The Attock Group has announced its financial results for the first half of (July-December) FY 2019-20 (FY20).
Here’s the complete breakdown of all companies under the Attock Group:
Pakistan Oilfields Limited
Pakistan Oilfields Limited (POL) announced a profit of Rs. 8.73 billion for the six months, i.e. 10.50% higher than a profit of Rs. 7.90 billion recorded last year. The company also announced an interim cash dividend for the half-year at Rs. 20 per share i.e. 200%.
The rise in the company’s profits was mainly due to lower finance cost, which declined 74.40% to Rs. 447 million as compared to Rs. 1.74 billion last year.
The sales, on the other hand, exhibited a meager decline of 2.24% at Rs. 22.18 billion as compared with Rs. 22.68 billion owing to the falling production of oil and gas. The decline in net sales was contained due to the higher exchange rate.
Earnings per share of the company increased to Rs. 30.73 from Rs. 27.83.
Attock Cement Pakistan Limited (ACPL) has declared a net profit of Rs. 762.73 million, down 6.62% compared to Rs. 816.79 million earned last year.
It reported earnings per share of Rs. 5.55 as compared with Rs. 5.94 vs the same period of last year. However, during the second quarter, the company reported a profit of Rs. 405.08 million, showing a growth of 2.9% as compared with Rs. 393.74 million.
The company’s sales increased in the second quarter by 14% to Rs. 5.64 billion as compared with Rs. 4.95 billion earned last year. It was mainly due to a surge in export dispatches. The currency depreciation contributed to competitiveness in the international market.
The company’s main exporting markets include Sri Lanka, Mauritius, Sudan, India, Tanzania, and Somalia. Its market share in the south (local) is around 25%. Earnings per share during the second quarter were reported at Rs. 2.95 against Rs. 2.87.
National Refinery Ltd (NRL) declared a loss of Rs. 2.98 billion, showing a decline of 22.6% over the losses witnessed in the same period of last year when it lost Rs. 3.85 billion. The loss per share decreased to Rs 37.33 from Rs 48.24. The company reported a minimal 2% increase in net sales to Rs. 80.66 billion against Rs. 79.08 billion recorded in the same period last year.
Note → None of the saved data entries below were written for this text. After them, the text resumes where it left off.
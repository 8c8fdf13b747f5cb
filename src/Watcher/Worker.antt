-- ===== src/Watcher/Worker.antt =====
-- pkg/watcher/watcher.go: a worker goroutine. `Db` is what the handlers read and write; a handler
-- is called by `call`.
use garden_evm_watcher.Common.{
  List, [], ◌∷◌, map, Outcome, ok, err, panic, Panic, canceled, index_out_of_range, Exec, ◌≡◌, ◌≢◌,
  refl, ap, All,
}
use garden_evm_watcher.Ethereum.{Log, Hash}
use garden_evm_watcher.Watcher.Types.{EventJob}

-- What a round of the worker's `select` finds.
pub data WorkerEvent (H : Type 0) : Type 0 where
  ctx_done : WorkerEvent H
  received : EventJob H → WorkerEvent H
  queue_closed : WorkerEvent H

pub data WorkerState : Type 0 where
  working : WorkerState
  returned_from_worker : WorkerState
  crashed_worker : Panic → WorkerState

-- The error message reads `job.Event.Topics[0]`.
unfoldable pub log_error : List Hash → WorkerState
log_error [] = crashed_worker index_out_of_range
log_error (topic ∷ topics) = working

log_error-working : (ts : List Hash) → ts ≢ [] → log_error ts ≡ working
unfolding log_error
log_error-working [] h = absurd (h refl)
log_error-working (t ∷ ts) h = refl

module _ {H Db : Type 0} where
  unfoldable pub after_job : EventJob H → Outcome (Unit {0}) × Db → WorkerState × Db
  unfolding log_error
  after_job job (ok u, db) = (working, db)
  after_job job (err canceled, db) = (returned_from_worker, db)
  after_job job (err e, db) = (log_error job.event.topics, db)
  after_job job (panic p, db) = (crashed_worker p, db)

abbrev pub while_working :
    {Db : Type 0} → WorkerState × Db → (Db → WorkerState × Db) → WorkerState × Db
while_working (working, db) k = k db
while_working (s, db) k = (s, db)

module _ {H Db : Type 0} (call : H → Log → Exec Db (Unit {0})) where
  unfoldable pub worker : List (WorkerEvent H) → Db → WorkerState × Db
  unfolding after_job
  worker [] db = (working, db)
  worker (ctx_done ∷ es) db = (returned_from_worker, db)
  worker (queue_closed ∷ es) db = (returned_from_worker, db)
  worker (received job ∷ es) db =
      while_working (after_job job (call job.handler job.event db)) (worker es)

  -- The effects of jobs on the database, in the order in which their handlers run.
  unfoldable pub run_jobs : List (EventJob H) → Db → Db
  run_jobs [] db = db
  run_jobs (job ∷ jobs) db = run_jobs jobs (call job.handler job.event db).1

  -- A job that its handler neither cancels nor crashes on, and whose log has topics.
  pub record IsCalm (job : EventJob H) : Type 0 where
    pub not_canceled : (db : Db) → (call job.handler job.event db).0 ≢ err canceled
    pub no_panic : (db : Db) (p : Panic) → (call job.handler job.event db).0 ≢ panic p
    pub topics : job.event.topics ≢ []

  pub after_job-ok :
      (job : EventJob H) (r : Outcome (Unit {0}) × Db) → r.0 ≡ ok tt → (after_job job r).0 ≡ working
  unfolding after_job
  after_job-ok job (ok tt, db) e = refl
  after_job-ok job (err x, db) e = cc
  after_job-ok job (panic p, db) e = cc

  after_job-calm :
      (job : EventJob H) (r : Outcome (Unit {0}) × Db)
      → job.event.topics ≢ []
      → r.0 ≢ err canceled
      → ((p : Panic) → r.0 ≢ panic p)
      → after_job job r ≡ (working, r.1)
  unfolding after_job
  after_job-calm job (ok tt, db) t c n = refl
  after_job-calm job (err canceled, db) t c n = absurd (c refl)
  after_job-calm job (panic p, db) t c n = absurd (n p refl)
  after_job-calm job (err e, db) t c n = ap (λ s. (s, db)) (log_error-working job.event.topics t)

  -- A worker that receives jobs whose logs have topics, and whose handlers neither return
  -- context.Canceled nor panic, runs them all in order, whatever other errors they end with.
  pub worker-run_jobs :
      (jobs : List (EventJob H)) (db : Db)
      → All IsCalm jobs
      → worker (map received jobs) db ≡ (working, run_jobs jobs db)
  unfolding worker run_jobs
  worker-run_jobs [] db a = refl
  worker-run_jobs (job ∷ jobs) db a =
      rw
        (
          after_job-calm job (call job.handler job.event db) (a.0).topics ((a.0).not_canceled db)
              ((a.0).no_panic db),
          while_working,
        )
        (worker-run_jobs jobs _ a.1)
It had reported a gross loss of Rs. 2.52 billion, up by 27.77% as compared to Rs. 1.97 billion last year.
Overall, all the refineries in the country suffered a loss due to the absence of furnace oil buyers. It is worth mentioning that, all petroleum refineries of Pakistan faced the threat of a shutdown because of a supply glut in December 2019. Later, the government bailed them out for a limited period of two months.
The company’s net losses for the period shrank significantly by 70.86% to Rs. 819.7 million from Rs 2.81 billion recorded in the same period of last year. The net sales of the company were down by 16.19% to Rs. 74.16 billion as compared to Rs. 88.51 billion.
However, the cost of sales was down by 16.16% to Rs. 76.34 billion as compared to Rs. 91.06 billion. It, however, managed to reduce losses by the help of finance cost, as it witnessed a sharp decline of around 80% to Rs. 693.2 million from Rs 3.42 billion last year. Other income of the company was recorded at Rs 1.71 billion in the period under review as compared to Rs.1.35 billion in the same period of last year.
It announced a profit of Rs. 1.58 billion, down by 24.76% as compared to Rs. 2.10 billion earned last year. The company reported a minimal 0.95% increase in sales. The net sales were reported at Rs. 116.25 billion as compared to Rs. 115.16 billion recorded last year. This was due to declining sales volume due to lower HSD and MS sales.
It has also announced an interim cash dividend of Rs. 5 per share i.e. 50%
The finance cost of the company was reported at Rs. 722.08 million, up by 81.40% as compared to Rs. 398.12 million. However, the finance income increased by 61.81% to Rs. 1.11 billion versus Rs. 686 million earned last year.
Earnings per share of the company were reported at Rs. 15.88, down from Rs. 21.13.